Duke begins with a discussion of our tendency to judge decisions based on how they turn out, known in poker as “resulting.” If we succeed, it was a good decision, but if we fail, it was a bad one. When we fail, however, it does not always mean we chose wrong—it could have been bad luck. This is a probabilistic approach to interpreting outcomes, as with betting in poker.

While poker involves explicit bets, our lives involve implicit bets. Duke explains, “Job and relocation decisions are bets. Sales negotiations and contracts are bets. Buying a house is a bet. Ordering the chicken instead of the steak is a bet. Everything is a bet.”

When everything is a bet, our betting strategy can optimize our decision-making. Yet our strategy is often based on beliefs that can be biased or wrong. We are quick to form, and slow to update our beliefs. We tend towards absolutes, and indulge in “motivated reasoning,” seeking out confirmation while ignoring contradictory evidence.

The solution is to embrace uncertainty by calibrating our confidence: Rather than expressing 100 percent certainty, we can be 75 percent confident. This redefines right and wrong, since degrees of difference are not the same as absolutes. Wharton management professor Philip Tetlock explores this approach in his book Superforecasters (Test your own probability calibration with this assessment tool inspired by Tetlock’s work).

Duke next turns to assessing outcomes after the fact, through “outcome fielding.” Was an outcome driven by luck or skill? Duke offers guidance: Focus on objectivity and seeking out the truth, avoid extremes, preserve a positive self-narrative, and use a betting context to shift the psychology. She highlights an anecdote about poker superstar Phil Ivey, who obsessively deconstructed his play after winning a tournament instead of basking in glory.

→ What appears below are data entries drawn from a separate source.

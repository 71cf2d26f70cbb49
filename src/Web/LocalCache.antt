-- ===== src/Web/LocalCache.antt =====
-- web/src/lib/localCache.ts, and its hook web/src/hooks/useLocalCache.ts: the per-project list of
-- resources seen lately, with a snapshot of each stored list and its subscribers. The state is
-- `localStorage`, the two module-level maps, and the list of the callbacks that ran.
pub mod Laws
use nanas.Prelude.{
  ℕ, ◌==◌, Bool, true, false, not, ◌&&◌, ◌||◌, List, [], ◌∷◌, ◌++◌, Option, none, some,
  if◌then◌else◌, or_else, keep, take,
}
use nanas.Prelude.Text.{Text, codes, is_empty, text_eq, lookup, insert, delete}
use nanas.Prelude.Json.{Json}

pub record CachedItem : Type 0 where
  pub id : Text
  pub name : Option Text
  pub meta : Option Json
  pub ts : ℕ

-- What `JSON.parse` makes of a stored text: it throws, it gives a value that is no array, or an
-- array, read as cached items.
pub data Parsed : Type 0 where
  throws : Parsed
  not_array : Parsed
  array : List CachedItem → Parsed

pub record Snapshot : Type 0 where
  pub raw : Option Text
  pub items : List CachedItem

-- `defined`: there is a `localStorage`; `readable`: `getItem` does not throw.
pub record World : Type 0 where
  pub defined : Bool
  pub readable : Bool
  pub entries : List (Text × Text)
  pub snapshots : List (Text × Snapshot)
  pub listeners : List (Text × List ℕ)
  pub called : List ℕ

-- A write to the storage may throw; what was changed before stays.
pub data Result : Type 0 where
  returned : World → List CachedItem → Result
  failed : World → Result

unfoldable pub storage_key : (scope project_id : Text) → Text
storage_key scope project_id = codes "nanas.cache.v1" ++ (b'.' ∷ (scope ++ (b'.' ∷ project_id)))

-- `hit.raw === raw`
abbrev pub raw_eq : Option Text → Option Text → Bool
raw_eq none none = true
raw_eq (some s) (some t) = text_eq s t
raw_eq _ _ = false

abbrev pub has_id : Text → CachedItem → Bool
has_id id i = text_eq i.id id

unfoldable pub notify : Text → World → World
notify k w = record w { called = w.called ++ or_else (lookup k w.listeners) [] }

abbrev pub set_snapshot : Text → Option Text → List CachedItem → World → World
set_snapshot k raw items w = record w {
  snapshots = insert k (record { raw = raw; items = items }) w.snapshots;
}

module _ (parse : Text → Parsed) where
  -- What follows where the snapshot does not serve: the stored text is read anew.
  unfoldable pub read_anew : Text → Option Text → World → World × List CachedItem
  read_anew k none w = (set_snapshot k none [] w, [])
  read_anew k (some []) w = (set_snapshot k (some []) [] w, [])
  read_anew k (some (c ∷ raw)) w = elim (parse (c ∷ raw)) [
    | throws ↦ (set_snapshot k (some (c ∷ raw)) [] w, [])
    | not_array ↦ (set_snapshot k (some (c ∷ raw)) [] w, [])
    | array items ↦ (set_snapshot k (some (c ∷ raw)) items w, items)
  ]

  -- `getCached`, at the storage key.
  unfoldable pub get_cached : Text → World → World × List CachedItem
  get_cached k w =
      let raw = lookup k w.entries in
      let anew = read_anew k raw w in
      if not w.defined || not w.readable then (w, []) else elim (lookup k w.snapshots) [
        | none ↦ anew
        | some hit ↦ if raw_eq hit.raw raw then (w, hit.items) else anew
      ]

  -- `JSON.stringify`, the clock, and whether the storage takes a write.
  module _ (stringify : List CachedItem → Text) (accepts : Text → Text → Bool) where
    -- The last four lines of `addCached` and `removeCached`.
    unfoldable pub write_back : Text → List CachedItem → World → Result
    unfolding notify
    write_back k list w =
        let dropped = record w { snapshots = delete k w.snapshots } in
        let text = stringify list in
        if w.defined && accepts k text
        then returned (notify k (record dropped { entries = insert k text w.entries })) list
        else failed dropped

    unfoldable pub add_cached : Text → (now : ℕ) → CachedItem → World → Result
    add_cached k now item w =
        let (w', old) = get_cached k w in
        write_back k (take 100 (record item { ts = now } ∷ keep (λ i. not (has_id item.id i)) old))
          w'

    unfoldable pub remove_cached : Text → (id : Text) → World → Result
    remove_cached k id w =
        let (w', old) = get_cached k w in write_back k (keep (λ i. not (has_id id i)) old) w'

-- `Set.add` and `Set.delete` on the callbacks of a key.
unfoldable pub set_add : ℕ → List ℕ → List ℕ
set_add cb [] = cb ∷ []
set_add cb (x ∷ xs) = if x == cb then x ∷ xs else x ∷ set_add cb xs

unfoldable pub subscribe_cached : Text → (cb : ℕ) → World → World
unfolding set_add
subscribe_cached k cb w = record w {
  listeners = insert k (set_add cb (or_else (lookup k w.listeners) [])) w.listeners;
}

-- The function that `subscribeCached` returns.
unfoldable pub unsubscribe : Text → (cb : ℕ) → World → World
unsubscribe k cb w = elim (lookup k w.listeners) [
  | none ↦ w
  | some cbs ↦ record w { listeners = insert k (keep (λ x. not (x == cb)) cbs) w.listeners }
]

-- `useLocalCache`: the snapshot that the hook reads; without a project there is nothing to read.
unfoldable pub use_local_cache :
    (parse : Text → Parsed) (scope : Text) (project_id : Option Text)
    → World
    → World × List CachedItem
use_local_cache parse scope none w = (w, [])
use_local_cache parse scope (some []) w = (w, [])
use_local_cache parse scope (some (c ∷ pid)) w = get_cached parse (storage_key scope (c ∷ pid)) w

That’s rare. Duke cites the more common example with another poker player, Nick the Greek, who “lost a lot of money…because he ignored lots of feedback that his strategy was a losing one.” As with motivated reasoning, we preserve our self-image via “self-serving bias.” We take credit for good outcomes, and blame luck for bad outcomes. We tend towards absolutes, when the truth is shaded in gray.

It takes an act of will and a special contract with yourself to combat these tendencies. Duke advocates tough self-love in the service of “truthseeking.” No whining about bad luck. No patting ourselves on the back. Duke offers a road map for creating a group “decision pod” that can provide us with feedback. Focus on accuracy, accountability, and openness to diverse views. Set clear rules: Court dissent and differing perspectives, and take responsibility even when doing so is painful.

Duke highlights concepts from the Heterodox Academy, an organization formed to improve viewpoint diversity in academia: Commit to transparency and sharing information; apply consistent standards to claims made by separating information from who is providing it; cultivate disinterestedness; seek “outcome blindness” to the hypothesis being tested; and encourage skepticism and dissent.

Duke also addresses how we outweigh the present over the future. When we reach for a donut instead of an apple, we’re doing so at the expense of our future self. Wharton Professor Katherine Milkman co-authored a paper addressing this “Want/Should conflict.” Duke explores how we can reduce conflict by shifting perspective among our past, present and futures selves via “mental time travel.” She suggests several techniques, including backcasting, premortems, and Ulysses contracts.

One criticism I have of the book is that Duke tries to include so many ideas that the voluminous flow of studies, examples, and research can at times muddy her core themes. But this is a minor objection to an otherwise superb and engaging book.

I came away from Thinking in Bets with a robust toolset, including a system for making calibrated predictions, an approach to evaluating outcomes, and an overview of cognitive pitfalls. The book has useful prescriptive guidelines for how to combat bias, cultivate self-criticism, rely on a diverse truthseeking pod for feedback, and reflect on past and future versions of ourselves. It’s a comprehensive, decision-making framework. Duke’s Thinking in Bets can improve all aspects of our decision-making. As Duke points out, “It’s all just one long poker game.”